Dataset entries
============================================================

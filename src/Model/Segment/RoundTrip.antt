-- ===== src/Model/Segment/RoundTrip.antt =====
-- src/model/segment.c: the encoder against the decoder.
use vicarl.Prelude.{
  ℕ, ◌+◌, ◌-◌, ◌/◌, ◌<◌, ◌≤◌, ◌^◌, ◌≡◌, refl, ◌∙◌, List, [], ◌∷◌, true, false, not, ◌&&◌, Option,
  none, some, length, length-append, ltb, ◌==◌, arith,
}
use vicarl.Core.Types.{ok, oom, Slice, view, slice_bytes, ◌>>=◌, reject_if}
use vicarl.Core.Alloc.{Allocator, Grants, malloc_grants-true, calloc_grants, calloc_grants-true}
use vicarl.Core.Writer.{varu64_bytes}
use vicarl.Core.Writer.Leb.{length-varu64_bytes}
use vicarl.Core.Writer.Emit.{ldbytes, Produces, Emits-Produces, Produces-granted}
use vicarl.Core.Reader.Cursor.{rbuf_init-at, reads, Reads-end}
use vicarl.Model.Framing.Laws.{sig_bytes, IsSig}
use vicarl.Model.Segment.{SegmentHeader, slice_size, segment_size, segment_encode, segment_decode}
use vicarl.Model.Segment.Layout.{
  records_bytes, body_layout, segment_layout, IsInput, head_fits, write_segment-Emits,
  read_header-layout, decoded, read_body-layout,
}

-- A record takes a byte at least, for its length.
length-records_bytes :
    (records : List Slice)
    → length (records_bytes records) < 2 ^ 59
    → length records ≤ length (records_bytes records)
length-records_bytes [] fits = omega arith
length-records_bytes (s ∷ ss) fits =
    let bs = slice_bytes s in
    let shorter = head_fits s ss in
    omega (
      arith,
      length-append (ldbytes bs) (records_bytes ss),
      length-append (varu64_bytes (length bs)) bs,
      length-varu64_bytes 9 (length bs) (omega (arith, shorter)),
      length-records_bytes ss (omega (arith, shorter)),
    )

length-sig_bytes : (s : Option (List ℕ)) → IsSig s → length (sig_bytes s) ≤ 64
length-sig_bytes none h = omega arith
length-sig_bytes (some s) h = omega arith

module _ {hdr : SegmentHeader} {records : List Slice} {segment_sig : Option (List ℕ)}
    (h : IsInput hdr records segment_sig) where
  few_records : length records < 2 ^ 59
  few_records = omega (arith, length-records_bytes records h.fits, h.fits)

  pub layout_fits :
      (5 ≤ length (segment_layout hdr records segment_sig))
      × (length (segment_layout hdr records segment_sig) + 10 ≤ 2 ^ 62)
  unfolding segment_layout body_layout
  layout_fits =
      let few = few_records in
      let a = length-varu64_bytes 9 hdr.segment_no (omega (arith, h.number_64)) in
      let b = length-varu64_bytes 9 hdr.record_count (omega (arith, h.counted)) in
      let c = length-varu64_bytes 9 hdr.timestamp_ms (omega (arith, h.timestamp_64)) in
      let s = length-sig_bytes segment_sig h.sig_64 in
      (omega arith, omega (arith, length-append {0}, a, b, c, s, h.prev_32, h.root_32, h.fits))

  -- All but the records is short.
  pub layout_len :
      length (segment_layout hdr records segment_sig) ≤ length (records_bytes records) + 200
  unfolding segment_layout body_layout
  layout_len =
      let few = few_records in
      let a = length-varu64_bytes 9 hdr.segment_no (omega (arith, h.number_64)) in
      let b = length-varu64_bytes 9 hdr.record_count (omega (arith, h.counted)) in
      let c = length-varu64_bytes 9 hdr.timestamp_ms (omega (arith, h.timestamp_64)) in
      let s = length-sig_bytes segment_sig h.sig_64 in
      omega (arith, length-append {0}, a, b, c, s, h.prev_32, h.root_32)

  -- With every allocator, a segment that its types allow, whose header counts its records and whose
  -- records are valid slices below 2 ^ 59 bytes in all, is encoded as magic, flags, number, previous
  -- hash, count, root, time, records and signature in this order, or the allocator has refused a size
  -- of at most 2 ^ 63 and the result is VICARL_ERR_OOM.
  pub segment_encode_lem :
      (grants : Allocator)
      → Produces grants
          (segment_layout hdr records segment_sig)
          (segment_encode grants hdr records segment_sig)
  unfolding segment_encode
  segment_encode_lem grants =
      let same : (hdr.record_count == length records) ≡ true = ground (arith, h.counted) in
      rw (same, h.valid)
        (Emits-Produces (write_segment-Emits hdr records segment_sig h few_records) layout_fits.1)

  module _ {grants : Allocator} (g : Grants grants) where
    room_for_records :
        (ltb 0 hdr.record_count && not (calloc_grants grants hdr.record_count slice_size)) ≡ false
    room_for_records =
        let few = few_records in
        let in_range : ltb ((2 ^ 64 - 1) / slice_size) hdr.record_count ≡ false =
          ground (arith, h.counted) in
        let room =
          calloc_grants-true g hdr.record_count slice_size in_range (omega (arith, h.counted)) in
        rw room (ground arith)

    pub segment_decode-layout :
        segment_decode grants (view (segment_layout hdr records segment_sig))
        ≡ ok (decoded (segment_layout hdr records segment_sig) hdr records segment_sig)
    unfolding segment_decode
    segment_decode-layout =
        let few = few_records in
        let bytes = segment_layout hdr records segment_sig in
        let long : ltb (length (segment_layout hdr records segment_sig)) 5 ≡ false =
          ground (arith, layout_fits) in
        let room =
          malloc_grants-true g (length (segment_layout hdr records segment_sig))
            (omega (arith, layout_fits)) in
        let in_range : ltb (2 ^ 64 - 1) hdr.record_count ≡ false = ground (arith, h.counted) in
        let node = calloc_grants-true g 1 segment_size refl (omega arith) in
        rw (long, room, rbuf_init-at (segment_layout hdr records segment_sig))
          (elim (read_header-layout hdr records segment_sig h few) [
            | reads pre e ↦
                rw (e, in_range, room_for_records)
                  (Reads-end
                      (λ seg.
                        reject_if (not (calloc_grants grants 1 segment_size)) oom >>= λ _. ok seg)
                      (read_body-layout bytes pre hdr records segment_sig h)
                    ∙ rw node refl)
          ])

    -- With an allocator that grants sizes up to 2 ^ 63, every segment that its types allow, whose
    -- header counts its records and whose records are valid slices below 2 ^ 59 bytes in all, is
    -- encoded, and decoding the bytes gives back the header, the records, the signature and a copy of
    -- the bytes.
    pub segment_decode-encode :
        (bytes : List ℕ) × (segment_encode grants hdr records segment_sig ≡ ok bytes)
        × (segment_decode grants (view bytes) ≡ ok (decoded bytes hdr records segment_sig))
    segment_decode-encode = (
      segment_layout hdr records segment_sig,
      Produces-granted g (segment_encode_lem grants),
      segment_decode-layout,
    )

============================================================

▸ **Task directions**
Go through the entries and restate each one exactly.

▸ **Completed exercise**
filename src/Model/Segment/RoundTrip.antt
-- ===== src/Model/Segment/RoundTrip.antt =====
-- src/model/segment.c: the encoder against the decoder.
use vicarl.Prelude.{
  ℕ, ◌+◌, ◌-◌, ◌/◌, ◌<◌, ◌≤◌, ◌^◌, ◌≡◌, refl, ◌∙◌, List, [], ◌∷◌, true, false, not, ◌&&◌, Option,
  none, some, length, length-append, ltb, ◌==◌, arith,
}
use vicarl.Core.Types.{ok, oom, Slice, view, slice_bytes, ◌>>=◌, reject_if}
use vicarl.Core.Alloc.{Allocator, Grants, malloc_grants-true, calloc_grants, calloc_grants-true}
use vicarl.Core.Writer.{varu64_bytes}
use vicarl.Core.Writer.Leb.{length-varu64_bytes}
use vicarl.Core.Writer.Emit.{ldbytes, Produces, Emits-Produces, Produces-granted}
use vicarl.Core.Reader.Cursor.{rbuf_init-at, reads, Reads-end}
use vicarl.Model.Framing.Laws.{sig_bytes, IsSig}
use vicarl.Model.Segment.{SegmentHeader, slice_size, segment_size, segment_encode, segment_decode}
use vicarl.Model.Segment.Layout.{
  records_bytes, body_layout, segment_layout, IsInput, head_fits, write_segment-Emits,
  read_header-layout, decoded, read_body-layout,
}

-- A record takes a byte at least, for its length.
length-records_bytes :
    (records : List Slice)
    → length (records_bytes records) < 2 ^ 59
    → length records ≤ length (records_bytes records)
length-records_bytes [] fits = omega arith
length-records_bytes (s ∷ ss) fits =
    let bs = slice_bytes s in
    let shorter = head_fits s ss in
    omega (
      arith,
      length-append (ldbytes bs) (records_bytes ss),
      length-append (varu64_bytes (length bs)) bs,
      length-varu64_bytes 9 (length bs) (omega (arith, shorter)),
      length-records_bytes ss (omega (arith, shorter)),
    )

length-sig_bytes : (s : Option (List ℕ)) → IsSig s → length (sig_bytes s) ≤ 64
length-sig_bytes none h = omega arith
length-sig_bytes (some s) h = omega arith

module _ {hdr : SegmentHeader} {records : List Slice} {segment_sig : Option (List ℕ)}
    (h : IsInput hdr records segment_sig) where
  few_records : length records < 2 ^ 59
  few_records = omega (arith, length-records_bytes records h.fits, h.fits)

  pub layout_fits :
      (5 ≤ length (segment_layout hdr records segment_sig))
      × (length (segment_layout hdr records segment_sig) + 10 ≤ 2 ^ 62)
  unfolding segment_layout body_layout
  layout_fits =
      let few = few_records in
      let a = length-varu64_bytes 9 hdr.segment_no (omega (arith, h.number_64)) in
      let b = length-varu64_bytes 9 hdr.record_count (omega (arith, h.counted)) in
      let c = length-varu64_bytes 9 hdr.timestamp_ms (omega (arith, h.timestamp_64)) in
      let s = length-sig_bytes segment_sig h.sig_64 in
      (omega arith, omega (arith, length-append {0}, a, b, c, s, h.prev_32, h.root_32, h.fits))

  -- All but the records is short.
  pub layout_len :
      length (segment_layout hdr records segment_sig) ≤ length (records_bytes records) + 200
  unfolding segment_layout body_layout
  layout_len =
      let few = few_records in
      let a = length-varu64_bytes 9 hdr.segment_no (omega (arith, h.number_64)) in
      let b = length-varu64_bytes 9 hdr.record_count (omega (arith, h.counted)) in
      let c = length-varu64_bytes 9 hdr.timestamp_ms (omega (arith, h.timestamp_64)) in
      let s = length-sig_bytes segment_sig h.sig_64 in
      omega (arith, length-append {0}, a, b, c, s, h.prev_32, h.root_32)

  -- With every allocator, a segment that its types allow, whose header counts its records and whose
  -- records are valid slices below 2 ^ 59 bytes in all, is encoded as magic, flags, number, previous
  -- hash, count, root, time, records and signature in this order, or the allocator has refused a size
  -- of at most 2 ^ 63 and the result is VICARL_ERR_OOM.
  pub segment_encode_lem :
      (grants : Allocator)
      → Produces grants
          (segment_layout hdr records segment_sig)
          (segment_encode grants hdr records segment_sig)
  unfolding segment_encode
  segment_encode_lem grants =
      let same : (hdr.record_count == length records) ≡ true = ground (arith, h.counted) in
      rw (same, h.valid)
        (Emits-Produces (write_segment-Emits hdr records segment_sig h few_records) layout_fits.1)

  module _ {grants : Allocator} (g : Grants grants) where
    room_for_records :
        (ltb 0 hdr.record_count && not (calloc_grants grants hdr.record_count slice_size)) ≡ false
    room_for_records =
        let few = few_records in
        let in_range : ltb ((2 ^ 64 - 1) / slice_size) hdr.record_count ≡ false =
          ground (arith, h.counted) in
        let room =
          calloc_grants-true g hdr.record_count slice_size in_range (omega (arith, h.counted)) in
        rw room (ground arith)

    pub segment_decode-layout :
        segment_decode grants (view (segment_layout hdr records segment_sig))
        ≡ ok (decoded (segment_layout hdr records segment_sig) hdr records segment_sig)
    unfolding segment_decode
    segment_decode-layout =
        let few = few_records in
        let bytes = segment_layout hdr records segment_sig in
        let long : ltb (length (segment_layout hdr records segment_sig)) 5 ≡ false =
          ground (arith, layout_fits) in
        let room =
          malloc_grants-true g (length (segment_layout hdr records segment_sig))
            (omega (arith, layout_fits)) in
        let in_range : ltb (2 ^ 64 - 1) hdr.record_count ≡ false = ground (arith, h.counted) in
        let node = calloc_grants-true g 1 segment_size refl (omega arith) in
        rw (long, room, rbuf_init-at (segment_layout hdr records segment_sig))
          (elim (read_header-layout hdr records segment_sig h few) [
            | reads pre e ↦
                rw (e, in_range, room_for_records)
                  (Reads-end
                      (λ seg.
                        reject_if (not (calloc_grants grants 1 segment_size)) oom >>= λ _. ok seg)
                      (read_body-layout bytes pre hdr records segment_sig h)
                    ∙ rw node refl)
          ])

    -- With an allocator that grants sizes up to 2 ^ 63, every segment that its types allow, whose
    -- header counts its records and whose records are valid slices below 2 ^ 59 bytes in all, is
    -- encoded, and decoding the bytes gives back the header, the records, the signature and a copy of
    -- the bytes.
    pub segment_decode-encode :
        (bytes : List ℕ) × (segment_encode grants hdr records segment_sig ≡ ok bytes)
        × (segment_decode grants (view bytes) ≡ ok (decoded bytes hdr records segment_sig))
    segment_decode-encode = (
      segment_layout hdr records segment_sig,
      Produces-granted g (segment_encode_lem grants),
      segment_decode-layout,
    )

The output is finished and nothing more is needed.